─── Provided data

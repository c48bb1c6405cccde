-- ===== src/Adaptive/Examples.antt =====
-- An agent that evaluates an answer and asks the next question in one step.
use mathlib.Core.List.{Permᴰ}
use interview_agent_py.Prelude.{
  ℕ, ◌≡◌, refl, List, [], ◌∷◌, none, some, true, not, Text, codes, contains, nat_eq, list_eq,
  list_beq, inr,
}
use interview_agent_py.Prelude.Int.{ℤ, pos}
use interview_agent_py.Prelude.Dict.{Dict, get}
use interview_agent_py.Errors.{ok}
use interview_agent_py.Adaptive.Graph.{
  Outside, AgentState, no_reply, reply, call_generate_question, call_evaluate_answer,
  call_adjust_strategy, run_next_turn, init_context, without_system, loop, agent_loop,
  take_decision, route_agent_output, last_calls, follow, after_tools, execute_from,
  execute_single_tool, dispatch_tool, ask_question, tool_result,
}
use interview_agent_py.Adaptive.Graph.Blind.{IsTallied, run_next_turn-IsTallied}
use interview_agent_py.Adaptive.Service.{
  Sessions, CreateRequest, AnswerResult, new_state, turn_of, get_state, submit_answer,
}
use interview_agent_py.Adaptive.Service.Outcome.{IsOver, turn_of-run, submit_answer-unscored}
use interview_agent_py.Adaptive.{Memory, ToolEffect}
use interview_agent_py.Adaptive.Tools.{
  ToolAnswer, generate_question, evaluate_answer, apply_tool_side_effects, merge_tool_results,
}
use interview_agent_py.Adaptive.Order.{merge_tool_results-Permᴰ}
use interview_agent_py.Retrieval.{occurs_in}
use interview_agent_py.Adaptive.Strategy.{
  should_end_interview, general, below, at_most, global_average, safe_difficulty,
  compute_strategy_update,
}
use interview_agent_py.Adaptive.Update.{OneLevel, IsPicked, compute_strategy_update-OneLevel}

abbrev memory : Memory
memory = record {
  difficulty = codes "mid";
  qa_history =
      record {
        question_index = 0;
        question = codes "q";
        category = codes "java";
        difficulty = codes "mid";
        answer = some (codes "a");
        score = none;
        feedback = none;
      }
      ∷ [];
  category_scores = [];
  turn_count = 0;
  current_question = some (codes "q");
  current_category = some (codes "java");
  decision_trace = [];
}

abbrev effect : ℕ → ToolAnswer → ToolEffect
effect index answer = record {
  tool_call_index = index;
  side_effect = apply_tool_side_effects answer memory;
  trace_entry = record { step = 1; action = codes "tool"; result = [] };
}

abbrev evaluated : ToolEffect
evaluated = effect 0 (evaluate_answer (some (pos 8, codes "good")))

abbrev asked : ToolEffect
asked = effect 1 (generate_question (some (codes "next", codes "sql")))

merge_tool_results-Permᴰ_example :
    merge_tool_results memory (asked ∷ evaluated ∷ [])
    ≡ merge_tool_results memory (evaluated ∷ asked ∷ [])
unfolding contains
merge_tool_results-Permᴰ_example =
    merge_tool_results-Permᴰ memory (Permᴰ.swap refl refl) (refl, (refl, tt))

abbrev scores : Dict Text (List ℤ)
scores = (codes "java", pos 8 ∷ pos 9 ∷ []) ∷ (codes "sql", pos 3 ∷ []) ∷ []

compute_strategy_update-OneLevel_example :
    OneLevel
      (not (below 7 (global_average scores)))
      (at_most 4 (global_average scores))
      (safe_difficulty (codes "mid"))
      (compute_strategy_update scores (codes "mid") 3 10).suggested_difficulty
    × IsPicked (compute_strategy_update scores (codes "mid") 3 10).suggested_category scores 3 10
compute_strategy_update-OneLevel_example =
    compute_strategy_update-OneLevel scores (codes "mid") 3 10 refl

-- A model that asks a question, evaluates an answer twice in one step, and then stops.
abbrev outside : Outside
outside = record {
  system_content = λ s. codes "system";
  decide = λ messages. elim messages [
    | [] ↦ no_reply
    | system ∷ rest ↦ elim rest [
      | [] ↦ reply [] ((codes "1", call_generate_question none none none) ∷ [])
      | m ∷ more ↦ elim more [
        | [] ↦ reply [] (
            (codes "2", call_evaluate_answer none none none)
            ∷ (codes "3", call_adjust_strategy)
            ∷ [])
        | n ∷ others ↦ reply (codes "END_INTERVIEW") []
      ]
    ]
  ];
  generate = λ step index attempt category difficulty context. some (codes "Q", codes "java");
  evaluate = λ question answer category. some (pos 7, codes "good");
  lookup = λ skill category. [];
  rag_search = λ question kb_ids. [];
  dumps = λ answer. codes "json";
}

abbrev agent_request : CreateRequest
agent_request = record { skill_id = codes "java"; difficulty = codes "senior"; max_turns = 6 }

abbrev no_agents : Sessions
no_agents = record { has_checkpointer = true; checkpoints = []; memory_cache = [] }

-- A session whose first answer was evaluated, and that waits for the next.
abbrev waiting : AgentState
waiting = record (new_state (codes "s") agent_request) {
  memory = record memory { turn_count = 1; category_scores = (general, pos 7 ∷ []) ∷ [] };
}

abbrev one_agent : Sessions
one_agent = record {
  has_checkpointer = true;
  checkpoints = (codes "s", waiting) ∷ [];
  memory_cache = [];
}

-- That turn waits for the approval of its question.
waits_for_approval :
    (turn_of outside none (new_state (codes "s") agent_request)).pending_approval
    ≡ some (codes "Q", codes "java")
unfolding turn_of run_next_turn init_context without_system loop agent_loop should_end_interview
    take_decision occurs_in route_agent_output last_calls follow after_tools execute_from
    execute_single_tool dispatch_tool ask_question tool_result
waits_for_approval = refl

-- The answer was evaluated by the model, and adjust_strategy set the difficulty back to mid.
run_next_turn-IsTallied_example : IsTallied (turn_of outside (some (codes "a")) waiting).memory
run_next_turn-IsTallied_example =
    run_next_turn-IsTallied outside (some (codes "a")) waiting
      (turn_of outside (some (codes "a")) waiting) (turn_of-run outside (some (codes "a")) waiting)
      (inr (pos 7 ∷ [], refl, refl))

submit_answer-unscored_example :
    (result : AnswerResult) × ((submit_answer outside (codes "s") (codes "a") one_agent).0
      ≡ ok result)
    × (result.score ≡ none)
    × (result.feedback ≡ none)
    × (result.next_question ≡ none)
    × IsOver result
unfolding get_state get list_beq
submit_answer-unscored_example =
    submit_answer-unscored outside (codes "s") (codes "a") waiting one_agent [] refl refl
      (_, refl, refl)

──────

**Exercise goal:** For this exercise, give the entries above again with no difference at all.

**Answer to this problem:**
repository c48bb1c6405cccde
-- ===== src/Adaptive/Examples.antt =====
-- An agent that evaluates an answer and asks the next question in one step.
use mathlib.Core.List.{Permᴰ}
use interview_agent_py.Prelude.{
  ℕ, ◌≡◌, refl, List, [], ◌∷◌, none, some, true, not, Text, codes, contains, nat_eq, list_eq,
  list_beq, inr,
}
use interview_agent_py.Prelude.Int.{ℤ, pos}
use interview_agent_py.Prelude.Dict.{Dict, get}
use interview_agent_py.Errors.{ok}
use interview_agent_py.Adaptive.Graph.{
  Outside, AgentState, no_reply, reply, call_generate_question, call_evaluate_answer,
  call_adjust_strategy, run_next_turn, init_context, without_system, loop, agent_loop,
  take_decision, route_agent_output, last_calls, follow, after_tools, execute_from,
  execute_single_tool, dispatch_tool, ask_question, tool_result,
}
use interview_agent_py.Adaptive.Graph.Blind.{IsTallied, run_next_turn-IsTallied}
use interview_agent_py.Adaptive.Service.{
  Sessions, CreateRequest, AnswerResult, new_state, turn_of, get_state, submit_answer,
}
use interview_agent_py.Adaptive.Service.Outcome.{IsOver, turn_of-run, submit_answer-unscored}
use interview_agent_py.Adaptive.{Memory, ToolEffect}
use interview_agent_py.Adaptive.Tools.{
  ToolAnswer, generate_question, evaluate_answer, apply_tool_side_effects, merge_tool_results,
}
use interview_agent_py.Adaptive.Order.{merge_tool_results-Permᴰ}
use interview_agent_py.Retrieval.{occurs_in}
use interview_agent_py.Adaptive.Strategy.{
  should_end_interview, general, below, at_most, global_average, safe_difficulty,
  compute_strategy_update,
}
use interview_agent_py.Adaptive.Update.{OneLevel, IsPicked, compute_strategy_update-OneLevel}

abbrev memory : Memory
memory = record {
  difficulty = codes "mid";
  qa_history =
      record {
        question_index = 0;
        question = codes "q";
        category = codes "java";
        difficulty = codes "mid";
        answer = some (codes "a");
        score = none;
        feedback = none;
      }
      ∷ [];
  category_scores = [];
  turn_count = 0;
  current_question = some (codes "q");
  current_category = some (codes "java");
  decision_trace = [];
}

abbrev effect : ℕ → ToolAnswer → ToolEffect
effect index answer = record {
  tool_call_index = index;
  side_effect = apply_tool_side_effects answer memory;
  trace_entry = record { step = 1; action = codes "tool"; result = [] };
}

abbrev evaluated : ToolEffect
evaluated = effect 0 (evaluate_answer (some (pos 8, codes "good")))

abbrev asked : ToolEffect
asked = effect 1 (generate_question (some (codes "next", codes "sql")))

merge_tool_results-Permᴰ_example :
    merge_tool_results memory (asked ∷ evaluated ∷ [])
    ≡ merge_tool_results memory (evaluated ∷ asked ∷ [])
unfolding contains
merge_tool_results-Permᴰ_example =
    merge_tool_results-Permᴰ memory (Permᴰ.swap refl refl) (refl, (refl, tt))

abbrev scores : Dict Text (List ℤ)
scores = (codes "java", pos 8 ∷ pos 9 ∷ []) ∷ (codes "sql", pos 3 ∷ []) ∷ []

compute_strategy_update-OneLevel_example :
    OneLevel
      (not (below 7 (global_average scores)))
      (at_most 4 (global_average scores))
      (safe_difficulty (codes "mid"))
      (compute_strategy_update scores (codes "mid") 3 10).suggested_difficulty
    × IsPicked (compute_strategy_update scores (codes "mid") 3 10).suggested_category scores 3 10
compute_strategy_update-OneLevel_example =
    compute_strategy_update-OneLevel scores (codes "mid") 3 10 refl

-- A model that asks a question, evaluates an answer twice in one step, and then stops.
abbrev outside : Outside
outside = record {
  system_content = λ s. codes "system";
  decide = λ messages. elim messages [
    | [] ↦ no_reply
    | system ∷ rest ↦ elim rest [
      | [] ↦ reply [] ((codes "1", call_generate_question none none none) ∷ [])
      | m ∷ more ↦ elim more [
        | [] ↦ reply [] (
            (codes "2", call_evaluate_answer none none none)
            ∷ (codes "3", call_adjust_strategy)
            ∷ [])
        | n ∷ others ↦ reply (codes "END_INTERVIEW") []
      ]
    ]
  ];
  generate = λ step index attempt category difficulty context. some (codes "Q", codes "java");
  evaluate = λ question answer category. some (pos 7, codes "good");
  lookup = λ skill category. [];
  rag_search = λ question kb_ids. [];
  dumps = λ answer. codes "json";
}

abbrev agent_request : CreateRequest
agent_request = record { skill_id = codes "java"; difficulty = codes "senior"; max_turns = 6 }

abbrev no_agents : Sessions
no_agents = record { has_checkpointer = true; checkpoints = []; memory_cache = [] }

-- A session whose first answer was evaluated, and that waits for the next.
abbrev waiting : AgentState
waiting = record (new_state (codes "s") agent_request) {
  memory = record memory { turn_count = 1; category_scores = (general, pos 7 ∷ []) ∷ [] };
}

abbrev one_agent : Sessions
one_agent = record {
  has_checkpointer = true;
  checkpoints = (codes "s", waiting) ∷ [];
  memory_cache = [];
}

-- That turn waits for the approval of its question.
waits_for_approval :
    (turn_of outside none (new_state (codes "s") agent_request)).pending_approval
    ≡ some (codes "Q", codes "java")
unfolding turn_of run_next_turn init_context without_system loop agent_loop should_end_interview
    take_decision occurs_in route_agent_output last_calls follow after_tools execute_from
    execute_single_tool dispatch_tool ask_question tool_result
waits_for_approval = refl

-- The answer was evaluated by the model, and adjust_strategy set the difficulty back to mid.
run_next_turn-IsTallied_example : IsTallied (turn_of outside (some (codes "a")) waiting).memory
run_next_turn-IsTallied_example =
    run_next_turn-IsTallied outside (some (codes "a")) waiting
      (turn_of outside (some (codes "a")) waiting) (turn_of-run outside (some (codes "a")) waiting)
      (inr (pos 7 ∷ [], refl, refl))

submit_answer-unscored_example :
    (result : AnswerResult) × ((submit_answer outside (codes "s") (codes "a") one_agent).0
      ≡ ok result)
    × (result.score ≡ none)
    × (result.feedback ≡ none)
    × (result.next_question ≡ none)
    × IsOver result
unfolding get_state get list_beq
submit_answer-unscored_example =
    submit_answer-unscored outside (codes "s") (codes "a") waiting one_agent [] refl refl
      (_, refl, refl)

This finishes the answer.